= Beginning of Section =
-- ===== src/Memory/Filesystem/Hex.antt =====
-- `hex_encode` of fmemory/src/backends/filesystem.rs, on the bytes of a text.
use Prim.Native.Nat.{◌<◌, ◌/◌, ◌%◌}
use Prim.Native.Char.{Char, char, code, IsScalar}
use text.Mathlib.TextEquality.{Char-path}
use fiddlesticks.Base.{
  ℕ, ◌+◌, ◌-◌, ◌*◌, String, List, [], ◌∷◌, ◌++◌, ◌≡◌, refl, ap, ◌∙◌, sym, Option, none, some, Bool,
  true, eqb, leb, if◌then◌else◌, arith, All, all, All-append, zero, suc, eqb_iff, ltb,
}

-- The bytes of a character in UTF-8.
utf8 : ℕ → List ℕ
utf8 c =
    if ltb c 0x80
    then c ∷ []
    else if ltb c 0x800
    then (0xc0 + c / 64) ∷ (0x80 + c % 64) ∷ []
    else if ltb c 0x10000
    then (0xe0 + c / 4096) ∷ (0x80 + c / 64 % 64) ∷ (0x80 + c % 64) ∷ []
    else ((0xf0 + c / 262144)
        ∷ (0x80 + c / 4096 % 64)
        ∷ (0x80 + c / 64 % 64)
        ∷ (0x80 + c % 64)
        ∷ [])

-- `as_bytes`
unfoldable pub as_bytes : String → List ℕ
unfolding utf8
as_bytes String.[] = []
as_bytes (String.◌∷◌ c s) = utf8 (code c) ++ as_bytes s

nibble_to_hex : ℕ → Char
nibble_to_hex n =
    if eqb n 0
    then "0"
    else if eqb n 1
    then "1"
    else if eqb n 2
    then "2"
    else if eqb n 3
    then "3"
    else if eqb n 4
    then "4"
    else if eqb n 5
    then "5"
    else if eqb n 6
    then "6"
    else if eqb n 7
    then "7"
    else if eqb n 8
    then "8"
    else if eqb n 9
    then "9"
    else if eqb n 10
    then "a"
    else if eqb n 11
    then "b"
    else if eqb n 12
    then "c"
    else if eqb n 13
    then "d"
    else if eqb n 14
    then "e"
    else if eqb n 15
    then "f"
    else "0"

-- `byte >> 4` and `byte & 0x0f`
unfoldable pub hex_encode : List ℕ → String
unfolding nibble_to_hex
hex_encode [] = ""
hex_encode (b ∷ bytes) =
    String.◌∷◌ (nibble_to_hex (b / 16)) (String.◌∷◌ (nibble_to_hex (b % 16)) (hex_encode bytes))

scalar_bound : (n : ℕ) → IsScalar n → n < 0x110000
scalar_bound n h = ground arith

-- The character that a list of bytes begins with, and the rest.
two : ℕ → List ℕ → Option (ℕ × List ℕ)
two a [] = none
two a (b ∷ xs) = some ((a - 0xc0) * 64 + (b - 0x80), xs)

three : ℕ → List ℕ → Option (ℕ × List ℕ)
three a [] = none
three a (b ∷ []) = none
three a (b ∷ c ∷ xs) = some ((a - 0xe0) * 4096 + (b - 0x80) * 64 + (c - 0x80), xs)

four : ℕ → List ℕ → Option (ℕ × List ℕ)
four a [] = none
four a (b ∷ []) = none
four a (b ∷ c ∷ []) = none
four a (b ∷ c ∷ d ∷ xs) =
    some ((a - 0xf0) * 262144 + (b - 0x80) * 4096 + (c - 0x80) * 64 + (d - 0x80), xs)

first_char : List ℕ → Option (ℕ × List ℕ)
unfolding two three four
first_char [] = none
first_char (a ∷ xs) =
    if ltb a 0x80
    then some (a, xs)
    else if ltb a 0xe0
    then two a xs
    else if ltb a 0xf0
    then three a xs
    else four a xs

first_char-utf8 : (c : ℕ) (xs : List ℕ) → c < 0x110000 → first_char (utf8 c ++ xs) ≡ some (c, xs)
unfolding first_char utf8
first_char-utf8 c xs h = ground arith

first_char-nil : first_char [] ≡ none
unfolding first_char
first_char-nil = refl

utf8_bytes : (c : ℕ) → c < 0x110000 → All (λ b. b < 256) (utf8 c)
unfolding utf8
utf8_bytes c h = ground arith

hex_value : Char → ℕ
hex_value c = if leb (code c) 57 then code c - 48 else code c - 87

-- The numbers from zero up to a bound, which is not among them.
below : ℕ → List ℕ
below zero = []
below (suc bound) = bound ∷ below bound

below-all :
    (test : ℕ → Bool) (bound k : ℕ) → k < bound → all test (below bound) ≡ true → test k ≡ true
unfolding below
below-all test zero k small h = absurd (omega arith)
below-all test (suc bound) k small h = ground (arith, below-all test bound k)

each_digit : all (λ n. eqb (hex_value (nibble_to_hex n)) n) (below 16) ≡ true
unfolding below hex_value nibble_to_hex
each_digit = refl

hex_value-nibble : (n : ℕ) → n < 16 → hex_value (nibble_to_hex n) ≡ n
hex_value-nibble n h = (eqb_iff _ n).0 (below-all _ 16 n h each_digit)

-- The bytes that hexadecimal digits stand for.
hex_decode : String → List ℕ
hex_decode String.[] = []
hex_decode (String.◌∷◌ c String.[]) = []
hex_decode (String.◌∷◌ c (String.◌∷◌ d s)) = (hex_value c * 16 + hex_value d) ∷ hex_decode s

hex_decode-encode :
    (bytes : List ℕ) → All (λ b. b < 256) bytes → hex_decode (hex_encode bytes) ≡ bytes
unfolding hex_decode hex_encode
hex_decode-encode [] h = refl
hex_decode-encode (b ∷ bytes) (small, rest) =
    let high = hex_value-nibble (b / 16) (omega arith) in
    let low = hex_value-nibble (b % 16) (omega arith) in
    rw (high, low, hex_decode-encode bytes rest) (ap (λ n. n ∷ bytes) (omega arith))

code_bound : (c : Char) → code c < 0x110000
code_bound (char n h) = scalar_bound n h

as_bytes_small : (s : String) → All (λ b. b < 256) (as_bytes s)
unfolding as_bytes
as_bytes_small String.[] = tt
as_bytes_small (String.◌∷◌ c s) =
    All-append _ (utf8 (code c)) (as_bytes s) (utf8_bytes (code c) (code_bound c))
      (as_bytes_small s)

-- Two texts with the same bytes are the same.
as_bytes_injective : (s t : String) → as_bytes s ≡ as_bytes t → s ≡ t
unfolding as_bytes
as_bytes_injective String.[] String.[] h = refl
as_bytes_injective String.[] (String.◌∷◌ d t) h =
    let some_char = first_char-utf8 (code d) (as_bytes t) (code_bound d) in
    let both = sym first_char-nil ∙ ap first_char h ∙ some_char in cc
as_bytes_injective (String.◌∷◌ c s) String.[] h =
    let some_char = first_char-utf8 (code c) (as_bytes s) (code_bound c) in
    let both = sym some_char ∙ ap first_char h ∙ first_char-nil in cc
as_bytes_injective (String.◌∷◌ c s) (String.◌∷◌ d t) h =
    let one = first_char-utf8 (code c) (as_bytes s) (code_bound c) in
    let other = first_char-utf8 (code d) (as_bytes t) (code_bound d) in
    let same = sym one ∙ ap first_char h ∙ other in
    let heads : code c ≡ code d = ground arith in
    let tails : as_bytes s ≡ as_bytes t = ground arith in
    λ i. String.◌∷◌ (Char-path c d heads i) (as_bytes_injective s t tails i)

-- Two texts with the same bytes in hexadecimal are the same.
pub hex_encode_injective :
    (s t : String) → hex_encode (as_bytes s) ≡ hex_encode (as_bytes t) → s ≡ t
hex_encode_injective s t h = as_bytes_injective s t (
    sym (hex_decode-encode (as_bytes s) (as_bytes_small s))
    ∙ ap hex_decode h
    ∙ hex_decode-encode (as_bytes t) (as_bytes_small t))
= End of Section =
> **WHAT IS EXPECTED**: Copy out all of the data exactly, leaving nothing out.

> **OUTPUT OF THE TASK**:
-- ===== src/Memory/Filesystem/Hex.antt =====
-- `hex_encode` of fmemory/src/backends/filesystem.rs, on the bytes of a text.
use Prim.Native.Nat.{◌<◌, ◌/◌, ◌%◌}
use Prim.Native.Char.{Char, char, code, IsScalar}
use text.Mathlib.TextEquality.{Char-path}
use fiddlesticks.Base.{
  ℕ, ◌+◌, ◌-◌, ◌*◌, String, List, [], ◌∷◌, ◌++◌, ◌≡◌, refl, ap, ◌∙◌, sym, Option, none, some, Bool,
  true, eqb, leb, if◌then◌else◌, arith, All, all, All-append, zero, suc, eqb_iff, ltb,
}

-- The bytes of a character in UTF-8.
utf8 : ℕ → List ℕ
utf8 c =
    if ltb c 0x80
    then c ∷ []
    else if ltb c 0x800
    then (0xc0 + c / 64) ∷ (0x80 + c % 64) ∷ []
    else if ltb c 0x10000
    then (0xe0 + c / 4096) ∷ (0x80 + c / 64 % 64) ∷ (0x80 + c % 64) ∷ []
    else ((0xf0 + c / 262144)
        ∷ (0x80 + c / 4096 % 64)
        ∷ (0x80 + c / 64 % 64)
        ∷ (0x80 + c % 64)
        ∷ [])

-- `as_bytes`
unfoldable pub as_bytes : String → List ℕ
unfolding utf8
as_bytes String.[] = []
as_bytes (String.◌∷◌ c s) = utf8 (code c) ++ as_bytes s

nibble_to_hex : ℕ → Char
nibble_to_hex n =
    if eqb n 0
    then "0"
    else if eqb n 1
    then "1"
    else if eqb n 2
    then "2"
    else if eqb n 3
    then "3"
    else if eqb n 4
    then "4"
    else if eqb n 5
    then "5"
    else if eqb n 6
    then "6"
    else if eqb n 7
    then "7"
    else if eqb n 8
    then "8"
    else if eqb n 9
    then "9"
    else if eqb n 10
    then "a"
    else if eqb n 11
    then "b"
    else if eqb n 12
    then "c"
    else if eqb n 13
    then "d"
    else if eqb n 14
    then "e"
    else if eqb n 15
    then "f"
    else "0"

-- `byte >> 4` and `byte & 0x0f`
unfoldable pub hex_encode : List ℕ → String
unfolding nibble_to_hex
hex_encode [] = ""
hex_encode (b ∷ bytes) =
    String.◌∷◌ (nibble_to_hex (b / 16)) (String.◌∷◌ (nibble_to_hex (b % 16)) (hex_encode bytes))

scalar_bound : (n : ℕ) → IsScalar n → n < 0x110000
scalar_bound n h = ground arith

-- The character that a list of bytes begins with, and the rest.
two : ℕ → List ℕ → Option (ℕ × List ℕ)
two a [] = none
two a (b ∷ xs) = some ((a - 0xc0) * 64 + (b - 0x80), xs)

three : ℕ → List ℕ → Option (ℕ × List ℕ)
three a [] = none
three a (b ∷ []) = none
three a (b ∷ c ∷ xs) = some ((a - 0xe0) * 4096 + (b - 0x80) * 64 + (c - 0x80), xs)

four : ℕ → List ℕ → Option (ℕ × List ℕ)
four a [] = none
four a (b ∷ []) = none
four a (b ∷ c ∷ []) = none
four a (b ∷ c ∷ d ∷ xs) =
    some ((a - 0xf0) * 262144 + (b - 0x80) * 4096 + (c - 0x80) * 64 + (d - 0x80), xs)

first_char : List ℕ → Option (ℕ × List ℕ)
unfolding two three four
first_char [] = none
first_char (a ∷ xs) =
    if ltb a 0x80
    then some (a, xs)
    else if ltb a 0xe0
    then two a xs
    else if ltb a 0xf0
    then three a xs
    else four a xs

first_char-utf8 : (c : ℕ) (xs : List ℕ) → c < 0x110000 → first_char (utf8 c ++ xs) ≡ some (c, xs)
unfolding first_char utf8
first_char-utf8 c xs h = ground arith

first_char-nil : first_char [] ≡ none
unfolding first_char
first_char-nil = refl

utf8_bytes : (c : ℕ) → c < 0x110000 → All (λ b. b < 256) (utf8 c)
unfolding utf8
utf8_bytes c h = ground arith

hex_value : Char → ℕ
hex_value c = if leb (code c) 57 then code c - 48 else code c - 87

-- The numbers from zero up to a bound, which is not among them.
below : ℕ → List ℕ
below zero = []
below (suc bound) = bound ∷ below bound

below-all :
    (test : ℕ → Bool) (bound k : ℕ) → k < bound → all test (below bound) ≡ true → test k ≡ true
unfolding below
below-all test zero k small h = absurd (omega arith)
below-all test (suc bound) k small h = ground (arith, below-all test bound k)

each_digit : all (λ n. eqb (hex_value (nibble_to_hex n)) n) (below 16) ≡ true
unfolding below hex_value nibble_to_hex
each_digit = refl

hex_value-nibble : (n : ℕ) → n < 16 → hex_value (nibble_to_hex n) ≡ n
hex_value-nibble n h = (eqb_iff _ n).0 (below-all _ 16 n h each_digit)

-- The bytes that hexadecimal digits stand for.
hex_decode : String → List ℕ
hex_decode String.[] = []
hex_decode (String.◌∷◌ c String.[]) = []
hex_decode (String.◌∷◌ c (String.◌∷◌ d s)) = (hex_value c * 16 + hex_value d) ∷ hex_decode s

hex_decode-encode :
    (bytes : List ℕ) → All (λ b. b < 256) bytes → hex_decode (hex_encode bytes) ≡ bytes
unfolding hex_decode hex_encode
hex_decode-encode [] h = refl
hex_decode-encode (b ∷ bytes) (small, rest) =
    let high = hex_value-nibble (b / 16) (omega arith) in
    let low = hex_value-nibble (b % 16) (omega arith) in
    rw (high, low, hex_decode-encode bytes rest) (ap (λ n. n ∷ bytes) (omega arith))

code_bound : (c : Char) → code c < 0x110000
code_bound (char n h) = scalar_bound n h

as_bytes_small : (s : String) → All (λ b. b < 256) (as_bytes s)
unfolding as_bytes
as_bytes_small String.[] = tt
as_bytes_small (String.◌∷◌ c s) =
    All-append _ (utf8 (code c)) (as_bytes s) (utf8_bytes (code c) (code_bound c))
      (as_bytes_small s)

-- Two texts with the same bytes are the same.
as_bytes_injective : (s t : String) → as_bytes s ≡ as_bytes t → s ≡ t
unfolding as_bytes
as_bytes_injective String.[] String.[] h = refl
as_bytes_injective String.[] (String.◌∷◌ d t) h =
    let some_char = first_char-utf8 (code d) (as_bytes t) (code_bound d) in
    let both = sym first_char-nil ∙ ap first_char h ∙ some_char in cc
as_bytes_injective (String.◌∷◌ c s) String.[] h =
    let some_char = first_char-utf8 (code c) (as_bytes s) (code_bound c) in
    let both = sym some_char ∙ ap first_char h ∙ first_char-nil in cc
as_bytes_injective (String.◌∷◌ c s) (String.◌∷◌ d t) h =
    let one = first_char-utf8 (code c) (as_bytes s) (code_bound c) in
    let other = first_char-utf8 (code d) (as_bytes t) (code_bound d) in
    let same = sym one ∙ ap first_char h ∙ other in
    let heads : code c ≡ code d = ground arith in
    let tails : as_bytes s ≡ as_bytes t = ground arith in
    λ i. String.◌∷◌ (Char-path c d heads i) (as_bytes_injective s t tails i)

-- Two texts with the same bytes in hexadecimal are the same.
pub hex_encode_injective :
    (s t : String) → hex_encode (as_bytes s) ≡ hex_encode (as_bytes t) → s ≡ t
hex_encode_injective s t h = as_bytes_injective s t (
    sym (hex_decode-encode (as_bytes s) (as_bytes_small s))
    ∙ ap hex_decode h
    ∙ hex_decode-encode (as_bytes t) (as_bytes_small t))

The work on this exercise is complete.